# tired of diet talk!



## Victor (Apr 18, 2018)

On a deathbed, did any one ever say that they wished they had eaten
more veggies? And more fruit? And no potato chips?

You will never hear this. If I ate only what they tell you to eat
I would be dead or constantly hungry and totally dissatisfied.

Did anyone ever say I wished I ate less cake and candy?

NO


----------



## Keesha (Apr 18, 2018)

Sorry! Haven’t been there yet. I’m too healthy from eating good stuff:rofl:


----------



## Ken N Tx (Apr 18, 2018)

Victor said:


> On a deathbed, did any one ever say that they wished they had eaten
> more veggies? And more fruit? And no potato chips?
> 
> You will never hear this. If I ate only what they tell you to eat
> ...



Bet there a lot of joggers saying "what happened!!"


----------



## Marie5656 (Apr 18, 2018)




----------



## Aunt Bea (Apr 18, 2018)

If I get to the point where I can clearly see the finish line I'm going to relax and enjoy myself.


----------



## Don M. (Apr 18, 2018)

I think people should be able to eat what they want....IF they are willing to take the responsibility for supporting any "side effects" their habits may cause.  According to the data at the CDC, Obesity, and its attendant problems, accounts for over 30% of this nations health care costs.  It is well known, for example, that smoking causes excessive health issues, and smokers have to pay a "surcharge" on their health insurance premiums.  Perhaps if people who are overweight had to also pay to support their bad habits, we might not have to pay twice as much for health care as most other nations.


----------



## Marie5656 (Apr 18, 2018)

*I agree with Don.  I am one who spent my entire adult life heavier than the norm.  When I was young, my weight made my mom nuts, she tried to force diets on me and hated when I did not eat "right".    That being said, in recent years I have been losing weight. Not by actively counting calories, but just by paying more attention to eatting less of the junk and more "good stuff".  I still eat my chocolate, or occasional chips, but not near as much.*


----------



## helenbacque (Apr 18, 2018)

Aunt Bea said:


> If I get to the point where I can clearly see the finish line I'm going to relax and enjoy myself.

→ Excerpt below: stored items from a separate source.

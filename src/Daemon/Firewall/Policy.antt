-- ===== src/Daemon/Firewall/Policy.antt =====
-- The egress policy of daemon/pkg/network/firewall/firewall.go read as a set of destinations, and
-- what one rule of iptables.go decides on a packet.
use yaghan.Base.{
  ◌≡◌, refl, Bool, true, false, not, ◌&&◌, ◌||◌, List, [], ◌∷◌, Option, none, some, if◌then◌else◌,
}
use yaghan.Base.Text.{Text, text_beq}
use yaghan.Net.Addr.{Addr, addr_beq}
use yaghan.Net.Allocator.{Prefix}
use yaghan.Daemon.Egress.{FirewallPolicy, egress_allow, egress_deny}
use yaghan.Daemon.Firewall.Rules.{
  Target, accept, reject, Protocol, udp_53, tcp_53, protocol_beq, Endpoint,
}
use yaghan.Daemon.Firewall.Verdict.{
  Packet, contains_addr, matches_iface, matches_endpoint, matches_protocol, matches_set,
  matches_rule, verdict, or_else,
}
use yaghan.Daemon.Firewall.{NamespaceConfig, sandbox_ip_set_name, return_rule, egress_rule}

abbrev pub any_ip : List Addr → Addr → Bool
any_ip [] a = false
any_ip (ip ∷ ips) a = addr_beq ip a || any_ip ips a

abbrev pub any_cidr : List Prefix → Addr → Bool
any_cidr [] a = false
any_cidr (cidr ∷ cidrs) a = contains_addr cidr a || any_cidr cidrs a

-- The destinations that a policy names by their address.
abbrev pub is_listed : FirewallPolicy → Addr → Bool
is_listed policy a = any_ip policy.ips a || any_cidr policy.cidrs a

-- A reply that comes back to the guest.
abbrev pub returns : NamespaceConfig → Packet → Bool
returns c p =
    text_beq c.namespace_veth_name p.in_iface && contains_addr c.guest_subnet p.dst && p.established

-- A packet that the guest sends out.
abbrev pub leaves : NamespaceConfig → Packet → Bool
leaves c p = text_beq c.namespace_veth_name p.out_iface && contains_addr c.guest_subnet p.src

abbrev pub gate : Bool → Target → Option Target
gate b target = if b then some target else none

module _ (in_set : Text → Addr → Bool) where
  -- What the domains of a policy open: the resolver, and the addresses that its answers recorded.
  abbrev pub via_domains : NamespaceConfig → List Text → Packet → Bool
  via_domains c [] p = false
  via_domains c (domain ∷ domains) p =
      addr_beq c.resolver_ip p.dst
        && (protocol_beq udp_53 p.service || protocol_beq tcp_53 p.service)
      || in_set (sandbox_ip_set_name c.sandbox_index) p.dst

  abbrev pub permits : NamespaceConfig → Option FirewallPolicy → Packet → Bool
  permits c none p = true
  permits c (some policy) p = elim policy.mode [
    | egress_allow ↦ is_listed policy p.dst || via_domains c policy.domains p
    | egress_deny ↦ not (is_listed policy p.dst)
  ]

  unfoldable pub namespace_verdict : NamespaceConfig → Packet → Option Target
  namespace_verdict c p =
      if returns c p
      then some accept
      else if leaves c p
      then some (if permits c c.egress p then accept else reject)
      else none

  pub gate_or :
      (l a b : Bool) (target : Target)
      → or_else in_set (gate (l && a) target) (gate (l && b) target) ≡ gate (l && (a || b)) target
  gate_or true true b target = refl
  gate_or true false b target = refl
  gate_or false a b target = refl

  module _ (c : NamespaceConfig) (p : Packet)
      (named : text_beq c.namespace_veth_name [] ≡ false) where
    device : (d : Text) → matches_iface c.namespace_veth_name d ≡ text_beq c.namespace_veth_name d
    unfolding text_beq
    device d = go c.namespace_veth_name named
      where
        go : (v : Text) → text_beq v [] ≡ false → matches_iface v d ≡ text_beq v d
        go [] h = cc
        go (x ∷ v) h = refl

    pub return_rule-verdict :
        verdict in_set (return_rule c.guest_subnet c.namespace_veth_name) p
        ≡ gate (returns c p) accept
    unfolding verdict matches_rule
    return_rule-verdict = rw (device p.in_iface) (
        conj (text_beq c.namespace_veth_name p.in_iface) (contains_addr c.guest_subnet p.dst)
          p.established)
      where
        conj :
            (a b e : Bool)
            → (if a && true && true && b && true && (false || e) && true then some accept else none)
              ≡ gate (a && b && e) accept
        conj true true true = refl
        conj true true false = refl
        conj true false e = refl
        conj false b e = refl

    -- A rule for outgoing traffic: the protocol and the set may narrow it.
    pub outgoing :
        (dst : Endpoint) (proto : Protocol) (set : Text) (target : Target)
        → verdict in_set
            (record (egress_rule c.guest_subnet c.namespace_veth_name dst target) {
              protocol = proto;
              match_set = set;
            })
            p
          ≡ gate
              (leaves c p
                && (matches_endpoint dst p.dst
                    && matches_protocol proto p.service
                    && matches_set in_set set p.dst))
              target
    unfolding verdict matches_rule
    outgoing dst proto set target = rw (device p.out_iface) (
        conj (text_beq c.namespace_veth_name p.out_iface) (contains_addr c.guest_subnet p.src)
          (matches_endpoint dst p.dst) (matches_protocol proto p.service)
          (matches_set in_set set p.dst))
      where
        conj :
            (a b d e f : Bool)
            → gate (a && b && d && e && true && f) target ≡ gate ((a && b) && (d && e && f)) target
        conj true true true true f = refl
        conj true true true false f = refl
        conj true true false e f = refl
        conj true false d e f = refl
        conj false b d e f = refl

About seeing finish line ...... I'm there and I do.


----------



## rgp (Apr 18, 2018)

Ken N Tx said:


> Bet there a lot of joggers saying "what happened!!"




   Remember Jim Fixx ? World class runner, wrote a book on it. Was out for jog & died @ age 52 .....heart attack.

 There are no guarantees , and IMO damn few answers.


----------



## hearlady (Apr 19, 2018)

I know that I can't predict when I go but while I'm here I want to feel good and have energy to do the things I want.
Eat what you want Victor. It's your life. Be happy.


----------



## Gary O' (Apr 19, 2018)

My lady goes on these regimens 
Sometimes so far past my reasoning, I long for death
She’s the cook
Good one, too
I’ve learned to ingest a lot of different things
And enjoy them
But
When she went on this raw food thing, and dinner time happened, I became disoriented 
Nothing, I mean nothing in the fridge in regard to ‘go to’ life saving supplements
The grass clippings had more appeal
It go so I no longer longed for the evening repast, and came into the habit of stopping at the 7 eleven on the way home from work to grab a sack full of the greeezy things on those rollers.
The Jalapeno ones became my favs
She got over it, we went back to a more savory banquet, and life sustaining nutrients with aromatic vapor wafting into the living room, made it all go back to being a looked forward to event

I’ve heard it said, and rather smugly, ‘I eat to live, not live to eat’
I think I’m somewhere in the middle
I eat to enjoy life
One of my enjoyments is dining 
No, I don’t base my life around eating
But
I prefer a meal to be one where the giving of thanks is a bit more sincere
....not an entreaty pleading for deliverance


----------



## Sunny (Apr 20, 2018)

I think we have become a nation obsessed with food. Constant articles in the paper about it... what to eat, what is this week's "bad food," etc.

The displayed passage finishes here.